Dataset entries
──────

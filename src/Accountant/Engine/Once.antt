-- ===== src/Accountant/Engine/Once.antt =====
-- A reward is allocated once, and the accruals are what the allocations say
-- (accountant/src/allocation.rs).
use katpool.Base.{
  ℕ, ◌+◌, ◌≡◌, refl, ap, sym, ◌∙◌, subst, inl, inr, true, false, not, ◌==◌, ==_iff, if◌then◌else◌,
  Option, some, List, [], ◌∷◌, ◌++◌, sum_by-append, All, Result, ok, err, >>=-eq-ok, ok_inj, ok_or,
  map_err-ok, ok_or-ok, ◌||◌, map_err, Bool-cases, arith,
}
use mathlib.Core.List.{append-nil}
use katpool.Base.Float.{Float}
use katpool.Base.Int.{ℤ, pos, negsuc, pos_part}
use katpool.Accountant.Fee.{WalletTier, FeeConfig, Allocation}
use katpool.Accountant.Allocation.{
  DbError, AllocationEngineError, db, unknown_reward, ShareWindow, allocate_portions, divide_reward,
}
use katpool.Accountant.Ledger.{
  CoinbaseReward, lock_for_allocation, mark_allocated, NachoRebate, ShareRollup, close_window,
  ShareAllocation, insert_batch,
}
use katpool.Accountant.Engine
use katpool.Accountant.Engine.Effects.{
  allocated_of, is_allocated, is_allocated-mark_other, is_allocated-mark, accrued, accrual_of,
  rows_of, insert_batch-eq, accrue_all-accrued, new_rows-reward, rows_of-append, rows_of-other,
}

err_ok : {E A : Type 0} {e : E} {a : A} → ◌≡◌ {A = Result E A} (err e) (ok a) → ⊥
err_ok h = cc

module _ (fl : Float) where
  open fl use {F, zero_f, le_f, is_finite}

  -- no row stands for a reward that is not allocated
  abbrev pub NoRows : Engine.Books fl → Type 0
  NoRows b = (id : ℕ) → is_allocated id b.rewards ≡ false → rows_of fl id b.allocations ≡ []

  -- What later books owe to earlier ones: an allocated reward stays so with the same rows; each wallet
  -- has accrued what its new rows say; and a reward that is not allocated still has no rows.
  pub record Evolves (b b' : Engine.Books fl) : Type 0 where
    pub stays : (id : ℕ) → is_allocated id b.rewards ≡ true → is_allocated id b'.rewards ≡ true
    pub frozen :
        (id : ℕ)
        → is_allocated id b.rewards ≡ true
        → rows_of fl id b'.allocations ≡ rows_of fl id b.allocations
    pub owed :
        (wallet : ℕ)
        → accrued wallet b'.accruals + accrual_of fl wallet b.allocations
          ≡ accrued wallet b.accruals + accrual_of fl wallet b'.allocations
    pub no_rows : NoRows b → NoRows b'

  pub Evolves-refl : (b : Engine.Books fl) → Evolves b b
  Evolves-refl b = record {
    stays = λ id h. h;
    frozen = λ id h. refl;
    owed = λ wallet. refl;
    no_rows = λ n. n;
  }

  pub Evolves-trans : {a b c : Engine.Books fl} → Evolves a b → Evolves b c → Evolves a c
  Evolves-trans f g = record {
    stays = λ id h. g.stays id (f.stays id h);
    frozen = λ id h. g.frozen id (f.stays id h) ∙ f.frozen id h;
    owed = λ wallet. omega (arith, f.owed wallet, g.owed wallet);
    no_rows = λ n. g.no_rows (f.no_rows n);
  }

  -- the books after a reward is stamped, with the rows and accruals given
  abbrev pub stamped :
      ℕ
      → List (ShareAllocation fl)
      → List NachoRebate
      → List Engine.AuditEntry
      → Engine.Books fl
      → Engine.Books fl
  stamped id rows accruals audit b = record {
    rewards = mark_allocated id b.rewards;
    allocations = rows;
    accruals = accruals;
    audit = audit;
  }

  other_than :
      (id other : ℕ) (b : Engine.Books fl)
      → is_allocated id b.rewards ≡ false
      → is_allocated other b.rewards ≡ true
      → (id == other) ≡ false
  other_than id other b open' shut = elim (Bool-cases (id == other)) [
    | inl e ↦ cc (subst (λ i. is_allocated i b.rewards ≡ false) ((==_iff id other).0 e) open')
    | inr e ↦ e
  ]

  stamped-allocated :
      (id : ℕ) (b : Engine.Books fl) (r : CoinbaseReward)
      → lock_for_allocation id b.rewards ≡ some r
      → is_allocated id (mark_allocated id b.rewards) ≡ true
  stamped-allocated id b r found = elim (is_allocated-mark id b.rewards) [
    | inl none_there ↦ cc
    | inr h ↦ h
  ]

  stamped-Evolves :
      (id : ℕ) (new : List (ShareAllocation fl)) (accruals : List NachoRebate)
      (audit : List Engine.AuditEntry) (b : Engine.Books fl) (r : CoinbaseReward)
      → lock_for_allocation id b.rewards ≡ some r
      → is_allocated id b.rewards ≡ false
      → All (λ q. q.coinbase_reward_id ≡ id) new
      → ((w : ℕ) → accrued w accruals ≡ accrued w b.accruals + accrual_of fl w new)
      → Evolves b (stamped id (b.allocations ++ new) accruals audit b)
  stamped-Evolves id new accruals audit b r found open' mine sums = record {
    stays =
        λ other h. is_allocated-mark_other id other b.rewards (other_than id other b open' h) ∙ h;
    frozen = λ other h.
        rows_of-append fl other b.allocations new
        ∙ ap (λ t. rows_of fl other b.allocations ++ t)
            (rows_of-other fl id other new (other_than id other b open' h) mine)
        ∙ append-nil _;
    owed = λ w. omega (
      arith,
      sums w,
      sum_by-append (λ r. if r.row_wallet == w then pos_part r.split.nacho_accrual_sompi else 0)
          b.allocations new,
    );
    no_rows = λ n other h. elim (Bool-cases (id == other)) [
      | inl e ↦ cc (
          subst (λ i. is_allocated i (mark_allocated id b.rewards) ≡ true) ((==_iff id other).0 e)
            (stamped-allocated id b r found))
      | inr e ↦
          rows_of-append fl other b.allocations new
          ∙ ap (λ t. t ++ rows_of fl other new)
              (n other (sym (is_allocated-mark_other id other b.rewards e) ∙ h))
          ∙ rows_of-other fl id other new e mine
    ];
  }

  -- A relation that holds of equal books, and of books and the same with a reward stamped, holds of the
  -- books before and after every call.
  module _ (R : Engine.Books fl → Engine.Books fl → Type 0) (R_refl : (b : Engine.Books fl) → R b b)
      (R_stamp : (id : ℕ) (new : List (ShareAllocation fl)) (accruals : List NachoRebate)
          (audit : List Engine.AuditEntry) (b : Engine.Books fl) (r : CoinbaseReward)
        → lock_for_allocation id b.rewards ≡ some r
        → is_allocated id b.rewards ≡ false
        → All (λ q. q.coinbase_reward_id ≡ id) new
        → ((w : ℕ) → accrued w accruals ≡ accrued w b.accruals + accrual_of fl w new)
        → R b (stamped id (b.allocations ++ new) accruals audit b)) where
    -- what a call does to the books, when it commits
    Step :
        Engine.Books fl
        → Result AllocationEngineError (Engine.Books fl × Engine.AllocationOutcome)
        → Type 0
    Step b r = (b' : Engine.Books fl) (o : Engine.AllocationOutcome) → r ≡ ok (b', o) → R b b'

    gate-rule :
        (id : ℕ) (b : Engine.Books fl)
        (fresh : Result AllocationEngineError (Engine.Books fl × Engine.AllocationOutcome))
        → ((r : CoinbaseReward)
            → lock_for_allocation id b.rewards ≡ some r
            → is_allocated id b.rewards ≡ false
            → Step b fresh)
        → Step b (Engine.gate fl id b fresh)
    unfolding Engine.gate Step is_allocated
    gate-rule id b fresh step b' o h =
        let (r, e, k) =
          >>=-eq-ok (ok_or (lock_for_allocation id b.rewards) (unknown_reward id)) _ h in
        let found = ok_or-ok (lock_for_allocation id b.rewards) (unknown_reward id) e in
        elim (Bool-cases r.allocated) [
          | inl done ↦ subst (R b) (ap (λ p. p.0) (ok_inj (rw done at k))) (R_refl b)
          | inr fresh_one ↦
              step r found (ap allocated_of found ∙ fresh_one) b' o (rw fresh_one at k)
        ]

    fresh-rule :
        (id : ℕ) (total : F) (ws : List (ShareWindow fl)) (allocations : List Allocation)
        (residue : ℤ) (b : Engine.Books fl) (r : CoinbaseReward)
        → lock_for_allocation id b.rewards ≡ some r
        → is_allocated id b.rewards ≡ false
        → Step b (Engine.write_fresh fl id total ws allocations residue b)
    unfolding Engine.write_fresh Step
    fresh-rule id total ws allocations residue b r found open' b' o h =
        let new = Engine.new_rows fl id total ws allocations in
        let (rows, e1, h1) = >>=-eq-ok (map_err db (insert_batch fl new b.allocations)) _ h in
        let (accruals, e2, h2) =
          >>=-eq-ok (map_err db (Engine.accrue_all fl ws allocations b.accruals)) _ h1 in
        let rows_eq = insert_batch-eq fl new b.allocations (map_err-ok db _ e1) in
        let step =
          R_stamp id new accruals (b.audit ++ Engine.reward_allocated id ∷ []) b r found open'
            (new_rows-reward fl id total ws allocations)
            (λ w.
              accrue_all-accrued fl w id total ws allocations b.accruals (map_err-ok db _ e2)) in
        subst (R b)
          (ap (λ t. stamped id t accruals (b.audit ++ Engine.reward_allocated id ∷ []) b)
              (sym rows_eq)
            ∙ ap (λ p. p.0) (ok_inj h2))
          step

    retain-rule :
        (id reward : ℕ) (b : Engine.Books fl) (r : CoinbaseReward)
        → lock_for_allocation id b.rewards ≡ some r
        → is_allocated id b.rewards ≡ false
        → Step b (ok (Engine.retain_reward fl id reward b))
    unfolding Step
    retain-rule id reward b r found open' b' o h =
        subst (R b)
          (ap (λ t. stamped id t b.accruals (b.audit ++ Engine.reward_allocated_empty id ∷ []) b)
              (append-nil b.allocations)
            ∙ ap (λ p. p.0) (ok_inj h))
          (R_stamp id [] b.accruals _ b r found open' tt (λ w. omega arith))

    module _ (fee : FeeConfig) (address_of : ℕ → Option ℕ) (classify : ℕ → Option WalletTier) where
      rows-rule :
          (id reward : ℕ) (ws : List (ShareWindow fl)) (b : Engine.Books fl)
          → Step b (Engine.allocate_rows fl fee address_of classify id reward ws b)
      unfolding Engine.allocate_rows Step
      rows-rule id reward ws b b' o h =
          let total = Engine.weight_sum fl zero_f ws in
          elim (Bool-cases (not (is_finite total) || le_f total zero_f)) [
            | inl e ↦ absurd (err_ok (rw e at h))
            | inr e ↦
                let (allocations, _, k) =
                  >>=-eq-ok
                    (allocate_portions fee address_of classify (divide_reward fl reward total ws)) _
                    (rw e at h) in
                unfold Step in gate-rule id b _ (fresh-rule id total ws allocations _ b) b' o k
          ]

      closed-rule :
          (id reward : ℕ) (ws : List (ShareWindow fl)) (b : Engine.Books fl)
          → Step b (Engine.allocate_closed fl fee address_of classify id reward ws b)
      unfolding Engine.allocate_closed Engine.finalise_empty
      closed-rule id reward [] b = gate-rule id b _ (retain-rule id reward b)
      closed-rule id reward (w ∷ ws) b = rows-rule id reward (w ∷ ws) b

      commit-rule :
          (l : Engine.Ledger fl)
          (r : Result AllocationEngineError (Engine.Books fl × Engine.AllocationOutcome))
          → Step l.books r
          → R l.books (Engine.commit fl fee address_of classify l r).0.books
      unfolding Engine.commit Step
      commit-rule l (err e) step = R_refl l.books
      commit-rule l (ok (b, outcome)) step = step b outcome refl

      after-rule :
          (id reward daa_start daa_end : ℕ) (l : Engine.Ledger fl)
          (windows : Result DbError (List (ShareRollup fl)))
          → R l.books
              (Engine.allocate_after_close fl fee address_of classify id reward daa_start daa_end l
                windows).0.books
      unfolding Engine.allocate_after_close
      after-rule id reward daa_start daa_end l (err e) = R_refl l.books
      after-rule id reward daa_start daa_end l (ok windows) =
          commit-rule (Engine.with_windows fl windows l) _ (closed-rule id reward _ l.books)

      pub allocate_coinbase_reward-rule :
          (id : ℕ) (reward : ℤ) (daa_start daa_end : ℕ) (l : Engine.Ledger fl)
          → R l.books
              (Engine.allocate_coinbase_reward fl fee address_of classify id reward daa_start
                daa_end l).0.books
      unfolding Engine.allocate_coinbase_reward
      allocate_coinbase_reward-rule id (negsuc n) daa_start daa_end l = R_refl l.books
      allocate_coinbase_reward-rule id (pos reward) daa_start daa_end l =
          after-rule id reward daa_start daa_end l
            (close_window fl daa_start daa_end l.shares l.windows)

  module _ (fee : FeeConfig) (address_of : ℕ → Option ℕ) (classify : ℕ → Option WalletTier) where
    -- Whatever a call of the allocation returns, an error included, an allocated reward keeps its rows,
    -- each wallet has accrued exactly what the new rows say, and a reward that is not allocated has no
    -- rows as long as that held before.
    pub allocate_coinbase_reward-Evolves :
        (id : ℕ) (reward : ℤ) (daa_start daa_end : ℕ) (l : Engine.Ledger fl)
        → Evolves l.books
            (Engine.allocate_coinbase_reward fl fee address_of classify id reward daa_start daa_end
              l).0.books
    allocate_coinbase_reward-Evolves id reward daa_start daa_end l =
        allocate_coinbase_reward-rule Evolves Evolves-refl stamped-Evolves fee address_of classify
          id reward daa_start daa_end l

──────

Try it —
Which lines of the entries above contain the word "that"? Copy each of them.

Exercise solution —
  -- no row stands for a reward that is not allocated
  -- has accrued what its new rows say; and a reward that is not allocated still has no rows.
  -- A relation that holds of equal books, and of books and the same with a reward stamped, holds of the
    -- each wallet has accrued exactly what the new rows say, and a reward that is not allocated has no
    -- rows as long as that held before.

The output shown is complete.